I got snails from Petco plants. I like to sit in front of that tank and look at it all with an antique magnifying glass, saw the first and only 2 tiny little snails right away. Bye bye slugs. At least they're easy to catch.

I've just decided I don't need dwarf baby tears either. I think it's going over the side of the porch along with all those marimo babies and that lousy java moss ball. Some things just aren't worth it just like some kinds of fish just aren't worth it.


----------



## Philosophos (Mar 1, 2009)

Calcimoo said:


> directions said remove as much wool as possible, needs bright light, and nothing about splitting it up.
> 
> So what you want it to do is NOT grow? This sounds like such a PIA plant. I mean even worse than it has been. When it first comes I suppose there is enough length there someplace to sort of anchor it down in small clumps, in the shade? What a crazy notion this plant is. So this is where you need those foot and half long tweezers and a whole lot of time and patience. (I don't think I'm that bored.)[/quote
> 
> ...


----------



## Calcimoo (May 15, 2009)

Not having difficulties with them, that's not what I'm saying. Like I have to go rake about 25 acres in a little bit, plants on a bigger scale are more important to me than some dopey marimos that are just balls of algae anyhow. I played with them and I've had my fill of them. I'm more concerned with all my plants from Breck's and bulbs from Holland than caring about fussing with some underwater artistry. 

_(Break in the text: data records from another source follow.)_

-- ===== src/Replication/Client/Delta.antt =====
-- replication/client.rs: the application of a delta snapshot, `apply_delta`.
use runen_net.Replication.Client.Apply.{apply_delta, apply_on_base, apply_reconstructed, recovers}
use runen_net.Prelude.{
  ◌≤◌, ◌<◌, ◌≡◌, refl, ap, Bool, true, false, Option, none, some, ltb, leb, nat_eq, arith,
  Bool-cases, inl, inr, Result, ok, err,
}
use runen_net.Replication.Model.{ReplicationLineageKey, key_eq, AccountedState, DeltaSnapshot}
use runen_net.Replication.Client.Lineage
use runen_net.Replication.Client.Lineage.{
  ClientLineage, RetainedState, CommitPlan, ClientRecoveryReason, ClientSnapshotOutcome,
  synchronized, committed, stale, duplicate_current, state_resource_failure, classify_cursor,
  plan_commit, commit_with_plan, current_retained,
}
use runen_net.Replication.Client.Sets.{ClientReplicationSet, Reply, set_error, lineage, put_lineage}
use runen_net.Collections.BTreeMap
use runen_net.Replication.Client.Sets.{
  enter_recovery, Reconstruct, DeltaReconstructionError, malformed, reconstruction_failed,
  unknown_lineage,
}
use runen_net.Replication.Client.Lineage.{
  tick_regresses_current, tick_regression, delta_tick_regression, delta_commit_failure,
  delta_blocked_by_recovery, is_synchronized,
}
use runen_net.Replication.Client.Aggregate.{IsValidSet, recovering-IsValidSet}
use runen_net.Replication.Client.Applying.{
  is_committed, IsCommit, IsCommitEnd, no_room, host_failed, done, commit_image-CommitsTo,
}
use runen_net.Replication.Client.Full.{classify_cursor_refuses}

module _ {S D E : Type 0} where
  -- A delta was committed: its base is retained, older than the target and not later in ticks, the
  -- lineage was synchronized, and the reconstruction from the base gave the image.
  pub record IsDeltaCommit (set : ClientReplicationSet S) (key : ReplicationLineageKey)
      (l : ClientLineage S) (snapshot : DeltaSnapshot D) (reconstruct : Reconstruct S D)
      (host_commit : S → Result (Unit {0}) E) (set' : ClientReplicationSet S) (reply : Reply E)
      : Type 0 where
    pub base : RetainedState S
    pub candidate : AccountedState S
    pub known : lineage set key ≡ some l
    pub was_synchronized : is_synchronized l.state ≡ true
    pub base_retained : BTreeMap.get l.retained snapshot.base_cursor ≡ some base
    pub base_older : snapshot.base_cursor < snapshot.target_cursor
    pub base_tick : base.tick ≤ snapshot.target_tick
    pub tick_kept : tick_regresses_current l snapshot.target_tick ≡ false
    pub reconstructed :
        reconstruct base.image.state snapshot.delta l.limits.max_candidate_bytes_per_lineage
        ≡ ok candidate
    pub commit :
        IsCommit set key l snapshot.target_cursor snapshot.target_tick candidate host_commit set'
          reply

  -- What a delta may do: nothing, put its lineage into recovery, or commit.
  pub data IsDeltaEnd (set : ClientReplicationSet S) (key : ReplicationLineageKey)
      (snapshot : DeltaSnapshot D) (reconstruct : Reconstruct S D)
      (host_commit : S → Result (Unit {0}) E) (set' : ClientReplicationSet S) (reply : Reply E)
      : Type 0 where
    unchanged :
        set' ≡ set
        → is_committed reply ≡ false
        → IsDeltaEnd set key snapshot reconstruct host_commit set' reply
    recovering :
        (l : ClientLineage S) (reason : ClientRecoveryReason)
        → lineage set key ≡ some l
        → is_synchronized l.state ≡ true
        → set' ≡ put_lineage set key (Lineage.enter_recovery l reason)
        → is_committed reply ≡ false
        → IsDeltaEnd set key snapshot reconstruct host_commit set' reply
    delta_committed :
        (l : ClientLineage S)
        → IsDeltaCommit set key l snapshot reconstruct host_commit set' reply
        → IsDeltaEnd set key snapshot reconstruct host_commit set' reply

  abbrev pub AppliesDelta :
      ClientReplicationSet S
      → ReplicationLineageKey
      → DeltaSnapshot D
      → Reconstruct S D
      → (S → Result (Unit {0}) E)
      → Option (ClientReplicationSet S × Reply E)
      → Type 0
  AppliesDelta set key snapshot reconstruct host_commit answer =
      (set' : ClientReplicationSet S) × (reply : Reply E) × (answer ≡ some (set', reply))
      × IsValidSet set'
      × IsDeltaEnd set key snapshot reconstruct host_commit set' reply

  module _ (set : ClientReplicationSet S) (key : ReplicationLineageKey) (snapshot : DeltaSnapshot D)
      (reconstruct : Reconstruct S D) (host_commit : S → Result (Unit {0}) E)
      (v : IsValidSet set) where
    recovers-AppliesDelta :
        (l : ClientLineage S) (reason : ClientRecoveryReason) (outcome : ClientSnapshotOutcome)
        → lineage set key ≡ some l
        → is_synchronized l.state ≡ true
        → is_committed {E = E} (ok outcome) ≡ false
        → AppliesDelta set key snapshot reconstruct host_commit (recovers set key reason outcome)
    unfolding recovers enter_recovery
    recovers-AppliesDelta l reason outcome h s o = (
      put_lineage set key (Lineage.enter_recovery l reason),
      ok outcome,
      rw (h, recovers, enter_recovery) refl,
      recovering-IsValidSet set key l reason v h,
      recovering l reason h s refl o,
    )

    -- With the base found, the candidate is reconstructed and committed.
    module _ (l : ClientLineage S) (h : lineage set key ≡ some l)
        (s : is_synchronized l.state ≡ true) where
      committing :
          (base : RetainedState S) (candidate : AccountedState S)
          → classify_cursor l snapshot.target_cursor ≡ none
          → snapshot.base_cursor < snapshot.target_cursor
          → tick_regresses_current l snapshot.target_tick ≡ false
          → BTreeMap.get l.retained snapshot.base_cursor ≡ some base
          → base.tick ≤ snapshot.target_tick
          → reconstruct base.image.state snapshot.delta l.limits.max_candidate_bytes_per_lineage
            ≡ ok candidate
          → AppliesDelta set key snapshot reconstruct host_commit
              (apply_reconstructed set key l snapshot host_commit (ok candidate))
      unfolding apply_reconstructed
      committing base candidate c older t q bt r =
          let failed = put_lineage set key (Lineage.enter_recovery l delta_commit_failure) in
          let (set', reply, e, valid, end) =
            commit_image-CommitsTo set key l snapshot.target_cursor snapshot.target_tick candidate
              host_commit failed v (recovering-IsValidSet set key l delta_commit_failure v h) h c in
          (set', reply, e, valid, ending set' reply end)
        where
          ending :
              (set' : ClientReplicationSet S) (reply : Reply E)
              → IsCommitEnd set key l snapshot.target_cursor snapshot.target_tick candidate
                  host_commit
                  (put_lineage set key (Lineage.enter_recovery l delta_commit_failure))
                  set'
                  reply
              → IsDeltaEnd set key snapshot reconstruct host_commit set' reply
          ending set' reply (no_room e r') = unchanged e (ap is_committed r')
          ending set' reply (host_failed x a e r') =
              recovering l delta_commit_failure h s e (ap is_committed r')
          ending set' reply (done e) = delta_committed l (record {
            base = base;
            candidate = candidate;
            known = h;
            was_synchronized = s;
            base_retained = q;
            base_older = older;
            base_tick = bt;
            tick_kept = t;
            reconstructed = r;
            commit = e;
          })

      reconstructing :
          (base : RetainedState S) (answer : Result (AccountedState S) DeltaReconstructionError)
          → classify_cursor l snapshot.target_cursor ≡ none
          → snapshot.base_cursor < snapshot.target_cursor
          → tick_regresses_current l snapshot.target_tick ≡ false
          → BTreeMap.get l.retained snapshot.base_cursor ≡ some base
          → base.tick ≤ snapshot.target_tick
          → reconstruct base.image.state snapshot.delta l.limits.max_candidate_bytes_per_lineage
            ≡ answer
          → AppliesDelta set key snapshot reconstruct host_commit
              (apply_reconstructed set key l snapshot host_commit answer)
      unfolding apply_reconstructed
      reconstructing base (err malformed) c older t q bt r = recovers-AppliesDelta l _ _ h s refl
      reconstructing base (err reconstruction_failed) c older t q bt r =
          recovers-AppliesDelta l _ _ h s refl
      reconstructing base (ok candidate) c older t q bt r =
          committing base candidate c older t q bt r

      on_base :
          (found : Option (RetainedState S))
          → classify_cursor l snapshot.target_cursor ≡ none
          → snapshot.base_cursor < snapshot.target_cursor
          → tick_regresses_current l snapshot.target_tick ≡ false
          → BTreeMap.get l.retained snapshot.base_cursor ≡ found
          → AppliesDelta set key snapshot reconstruct host_commit
              (apply_on_base set key l snapshot reconstruct host_commit found)
      unfolding apply_on_base
      on_base none c older t q = recovers-AppliesDelta l _ _ h s refl
      on_base (some base) c older t q = elim (Bool-cases (ltb snapshot.target_tick base.tick)) [
        | inl e ↦ rw (e, apply_on_base) (recovers-AppliesDelta l _ _ h s refl)
        | inr e ↦
            rw (e, apply_on_base)
              (reconstructing base
                (reconstruct base.image.state snapshot.delta
                  l.limits.max_candidate_bytes_per_lineage)
                c older t q (ground arith) refl)
      ]

      -- A fresh target on a synchronized lineage.
      fresh :
          classify_cursor l snapshot.target_cursor ≡ none
          → AppliesDelta set key snapshot reconstruct host_commit
              (apply_delta set key snapshot reconstruct host_commit)
      unfolding apply_delta
      fresh c = elim (Bool-cases (leb snapshot.target_cursor snapshot.base_cursor)) [
        | inl e ↦ rw (h, c, s, e, apply_delta) (recovers-AppliesDelta l _ _ h s refl)
        | inr e ↦ elim (Bool-cases (tick_regresses_current l snapshot.target_tick)) [
          | inl t ↦ rw (h, c, s, e, t, apply_delta) (recovers-AppliesDelta l _ _ h s refl)
          | inr t ↦
              rw (h, c, s, e, t, apply_delta)
                (on_base (BTreeMap.get l.retained snapshot.base_cursor) c (ground arith) t refl)
        ]
      ]

  -- On a valid set `apply_delta` never panics and leaves a valid set, within the aggregate limits,
  -- whatever the reconstruction answers. Either nothing changes, or a synchronized lineage goes into
  -- recovery, or the delta is committed on a retained, older base.
  pub apply_delta-AppliesDelta :
      (set : ClientReplicationSet S) (key : ReplicationLineageKey) (snapshot : DeltaSnapshot D)
      (reconstruct : Reconstruct S D) (host_commit : S → Result (Unit {0}) E)
      → IsValidSet set
      → AppliesDelta set key snapshot reconstruct host_commit
          (apply_delta set key snapshot reconstruct host_commit)
  unfolding apply_delta
  apply_delta-AppliesDelta set key snapshot reconstruct host_commit v =
      known_or (lineage set key) refl
    where
      Goal : Type 0
      Goal =
          AppliesDelta set key snapshot reconstruct host_commit
            (apply_delta set key snapshot reconstruct host_commit)

      synchronized_or :
          (l : ClientLineage S) (b : Bool)
          → lineage set key ≡ some l
          → classify_cursor l snapshot.target_cursor ≡ none
          → is_synchronized l.state ≡ b
          → Goal
      synchronized_or l true h c s = fresh set key snapshot reconstruct host_commit v l h s c
      synchronized_or l false h c s = (
        set,
        ok delta_blocked_by_recovery,
        rw (h, c, s, apply_delta) refl,
        v,
        unchanged refl refl,
      )

      classified :
          (l : ClientLineage S) (o : Option ClientSnapshotOutcome)
          → lineage set key ≡ some l
          → classify_cursor l snapshot.target_cursor ≡ o
          → Goal
      classified l (some o) h c = (
        set,
        ok o,
        rw (h, c, apply_delta) refl,
        v,
        unchanged refl (classify_cursor_refuses E l snapshot.target_cursor o c),
      )
      classified l none h c = synchronized_or l (is_synchronized l.state) h c refl

      known_or : (o : Option (ClientLineage S)) → lineage set key ≡ o → Goal
      known_or none h =
          (set, err (set_error unknown_lineage), rw (h, apply_delta) refl, v, unchanged refl refl)
      known_or (some l) h = classified l (classify_cursor l snapshot.target_cursor) h refl
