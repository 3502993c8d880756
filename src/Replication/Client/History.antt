-- ===== src/Replication/Client/History.antt =====
-- replication/client.rs: histories of calls on a client's set, from `ClientReplicationSet::new`.
use runen_net.Replication.Client.Apply.{apply_full, apply_delta}
use runen_net.Prelude.{
  ℕ, ◌≡◌, refl, ap, Bool, Option, none, some, List, [], ◌∷◌, leb, nat_eq, length, arith, Bool-cases,
  Option-cases, inl, inr, All, Result, ok, err,
}
use runen_net.Collections.HashMap.{
  HashMap, total, total-insert_absent, total-insert_present, length-insert_present,
  length-insert-le, length-remove-le, total-remove-le,
}
use runen_net.Collections.HashMap
use runen_net.Replication.Model.{
  ReplicationLineageKey, key_eq, ReplicationRetentionLimits, IsTypedLimits, ClientAggregateLimits,
}
use runen_net.Replication.Client.Lineage.{ClientRecoveryReason, new_lineage}
use runen_net.Replication.Client.Sets.{
  ClientReplicationSet, new_set, add_lineage, remove_lineage, lineage, image_count, state_bytes,
  enter_recovery, evict_historical, put_lineage,
}
use runen_net.Replication.Client.Validity.{IsValid, new_lineage-IsValid, evict_historical-IsValid}
use runen_net.Replication.Model.{FullSnapshot, DeltaSnapshot}
use runen_net.Replication.Client.Sets.{Reconstruct, Reply}
use runen_net.Replication.Client.Aggregate.{
  IsValidSet, lineage-IsValid, smaller-IsValidSet, recovering-IsValidSet,
}
use runen_net.Replication.Client.Full.{apply_full-AppliesFull}
use runen_net.Replication.Client.Delta.{apply_delta-AppliesDelta}

pub data Call (S D E : Type 0) : Type 0 where
  adds : ReplicationLineageKey → ReplicationRetentionLimits → Call S D E
  removes : ReplicationLineageKey → Call S D E
  enters_recovery : ReplicationLineageKey → ClientRecoveryReason → Call S D E
  evicts : ReplicationLineageKey → ℕ → Call S D E
  applies_full : ReplicationLineageKey → FullSnapshot S → (S → Result (Unit {0}) E) → Call S D E
  applies_delta :
      ReplicationLineageKey
      → DeltaSnapshot D
      → Reconstruct S D
      → (S → Result (Unit {0}) E)
      → Call S D E

abbrev set_or :
    {S F : Type 0}
    → ClientReplicationSet S
    → Result (ClientReplicationSet S) F
    → ClientReplicationSet S
set_or set (ok set') = set'
set_or set (err e) = set

abbrev evicted_or :
    {S F : Type 0}
    → ClientReplicationSet S
    → Option (Result (ClientReplicationSet S × Bool) F)
    → Option (ClientReplicationSet S)
evicted_or set none = none
evicted_or set (some (ok (set', evicted))) = some set'
evicted_or set (some (err e)) = some set

abbrev applied :
    {S E : Type 0} → Option (ClientReplicationSet S × Reply E) → Option (ClientReplicationSet S)
applied none = none
applied (some (set, reply)) = some set

module _ {S : Type 0} where
  new_set-IsValidSet : (limits : ClientAggregateLimits) → IsValidSet {S = S} (new_set limits)
  unfolding new_set
  new_set-IsValidSet limits = record {
    valid = tt;
    lineages_fit = omega arith;
    images_fit = omega arith;
    bytes_fit = omega arith;
  }

  add_lineage-IsValidSet :
      (set : ClientReplicationSet S) (key : ReplicationLineageKey)
      (limits : ReplicationRetentionLimits)
      → IsTypedLimits limits
      → IsValidSet set
      → IsValidSet (add_lineage set key limits).0
  unfolding add_lineage new_lineage
  add_lineage-IsValidSet set key limits positive v = elim (Option-cases (lineage set key)) [
    | inr (l, h) ↦ rw (h, add_lineage) v
    | inl h ↦ elim (Bool-cases (leb set.limits.max_lineages (length set.lineages))) [
      | inl e ↦ rw (h, e, add_lineage) v
      | inr e ↦
          rw (h, e, add_lineage)
            (record {
              valid =
                  HashMap.All-insert IsValid set.lineages key (new_lineage key limits)
                    (new_lineage-IsValid key limits positive) v.valid;
              lineages_fit =
                  ground (arith, length-insert-le set.lineages key (new_lineage key limits));
              images_fit = omega (
                arith,
                total-insert_absent image_count set.lineages key (new_lineage {S = S} key limits) h,
                v.images_fit,
              );
              bytes_fit = omega (
                arith,
                total-insert_absent state_bytes set.lineages key (new_lineage {S = S} key limits) h,
                v.bytes_fit,
              );
            })
    ]
  ]

  remove_lineage-IsValidSet :
      (set : ClientReplicationSet S) (key : ReplicationLineageKey)
      → IsValidSet set
      → IsValidSet (remove_lineage set key).0
  unfolding remove_lineage
  remove_lineage-IsValidSet set key v = record {
    valid = HashMap.All-remove IsValid set.lineages key v.valid;
    lineages_fit = omega (arith, length-remove-le set.lineages key, v.lineages_fit);
    images_fit = omega (arith, total-remove-le image_count set.lineages key, v.images_fit);
    bytes_fit = omega (arith, total-remove-le state_bytes set.lineages key, v.bytes_fit);
  }

  enter_recovery-IsValidSet :
      (set : ClientReplicationSet S) (key : ReplicationLineageKey) (reason : ClientRecoveryReason)
      → IsValidSet set
      → IsValidSet (set_or set (enter_recovery set key reason))
  unfolding enter_recovery
  enter_recovery-IsValidSet set key reason v = elim (Option-cases (lineage set key)) [
    | inl h ↦ rw (h, enter_recovery) v
    | inr (l, h) ↦ rw (h, enter_recovery) (recovering-IsValidSet set key l reason v h)
  ]

  evict_historical-IsValidSet :
      (set : ClientReplicationSet S) (key : ReplicationLineageKey) (cursor : ℕ)
      → IsValidSet set
      → (set' : ClientReplicationSet S) × (evicted_or set (evict_historical set key cursor)
          ≡ some set')
        × IsValidSet set'
  unfolding evict_historical
  evict_historical-IsValidSet set key cursor v = elim (Option-cases (lineage set key)) [
    | inl h ↦ (set, rw (h, evict_historical) refl, v)
    | inr (l, h) ↦
        let (l', evicted, q, valid, shorter, smaller) =
          evict_historical-IsValid l cursor (lineage-IsValid set key l v h) in
        (
          put_lineage set key l',
          rw (h, q, evict_historical) refl,
          smaller-IsValidSet set key l l' v h valid shorter smaller,
        )
  ]

module _ {S D E : Type 0} where
  -- Retention limits are of their types: `usize`, and the one on images positive.
  abbrev pub IsTyped : Call S D E → Type 0
  IsTyped (adds key limits) = IsTypedLimits limits
  IsTyped other = Unit

  -- `none` is a panic.
  unfoldable pub step : ClientReplicationSet S → Call S D E → Option (ClientReplicationSet S)
  step set (adds key limits) = some (add_lineage set key limits).0
  step set (removes key) = some (remove_lineage set key).0
  step set (enters_recovery key reason) = some (set_or set (enter_recovery set key reason))
  step set (evicts key cursor) = evicted_or set (evict_historical set key cursor)
  step set (applies_full key snapshot host_commit) =
      applied (apply_full set key snapshot host_commit)
  step set (applies_delta key snapshot reconstruct host_commit) =
      applied (apply_delta set key snapshot reconstruct host_commit)

  unfoldable pub run : ClientReplicationSet S → List (Call S D E) → Option (ClientReplicationSet S)
  run set [] = some set
  run set (call ∷ calls) = elim (step set call) [ none ↦ none | some set' ↦ run set' calls ]

  step-IsValidSet :
      (set : ClientReplicationSet S) (call : Call S D E)
      → IsTyped call
      → IsValidSet set
      → (set' : ClientReplicationSet S) × (step set call ≡ some set') × IsValidSet set'
  unfolding step
  step-IsValidSet set (adds key limits) t v = (_, refl, add_lineage-IsValidSet set key limits t v)
  step-IsValidSet set (removes key) t v = (_, refl, remove_lineage-IsValidSet set key v)
  step-IsValidSet set (enters_recovery key reason) t v =
      (_, refl, enter_recovery-IsValidSet set key reason v)
  step-IsValidSet set (evicts key cursor) t v = evict_historical-IsValidSet set key cursor v
  step-IsValidSet set (applies_full key snapshot host_commit) t v =
      let (set', reply, q, valid, end) = apply_full-AppliesFull set key snapshot host_commit v in
      (set', ap applied q, valid)
  step-IsValidSet set (applies_delta key snapshot reconstruct host_commit) t v =
      let (set', reply, q, valid, end) =
        apply_delta-AppliesDelta set key snapshot reconstruct host_commit v in
      (set', ap applied q, valid)

  run-IsValidSet :
      (calls : List (Call S D E)) (set : ClientReplicationSet S)
      → All IsTyped calls
      → IsValidSet set
      → (set' : ClientReplicationSet S) × (run set calls ≡ some set') × IsValidSet set'
  unfolding run
  run-IsValidSet [] set t v = (set, refl, v)
  run-IsValidSet (call ∷ calls) set t v =
      let (set', q, w) = step-IsValidSet set call t.0 v in
      let (last, e, valid) = run-IsValidSet calls set' t.1 w in (last, rw (q, run) e, valid)

  -- Any history of well-typed calls on a new set runs without a panic, also of its arithmetic, whatever the host and the
  -- reconstructions answer, and leaves a valid set: every lineage valid, all aggregate limits kept.
  pub run-new_set-IsValidSet :
      (limits : ClientAggregateLimits) (calls : List (Call S D E))
      → All IsTyped calls
      → (set : ClientReplicationSet S) × (run (new_set limits) calls ≡ some set) × IsValidSet set
  run-new_set-IsValidSet limits calls t =
      run-IsValidSet calls (new_set limits) t (new_set-IsValidSet limits)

Those plants that are ridiculously time consuming crazy things for artwork should come with a warning label. I like things that grow, not things that NOT grow. 

I don't know why you think everyone would want to do that stuff. In my world simple is good, you feed it, you water it, you watch it grow. Plain and simple. You don't fuss with it. Fussing with it messes it up. You want a good healthy stand. Not stuff you purposely torment into twisted stunted mangled weird things. 

See, one of you could have told that girl right off first thing dwarf baby tears isn't for growing to look pretty like other plants. It's something else entirely. Complicated fusspot stuff like bonsai trees. 

I don't think a plant that eats itself trying to get free is really meant to be underwater. 

We're always going to see things entirely different. I like what is natural and you like to torment what is natural into doing what you want. I'm not ever ever ever ever ever a million times ever going to see things that way. Put a warning label on that plant.


----------



## Bert H (Mar 2, 2004)

Everybody has different levels to which they are willing to go. This is true in this hobby as well as in life. If you want an HC lawn, you need to be prepared to do what it entails to obtain one. And there are lots of folks out there willing to do that. 'One's man garbage is another man's treasure'.


----------



## Philosophos (Mar 1, 2009)

Calcimoo, I wrote a rather long rebuttal and then deleted it after pondering the situation. I know you have no experience with this keeping this plant, and little academic knowledge about it either. I know that you do not keep tanks using methods that will sustain it. You are not interested in this plant, so please don't try to discourage those who are. This person is trying to grow HC, so I'm lending advice. 

I am not looking for a thread jacking here. If you want a debate about the issue, message me or make a relevant thread.

-Philosophos


----------



## Bert H (Mar 2, 2004)

Folks, please keep the flaming to a minimum.


----------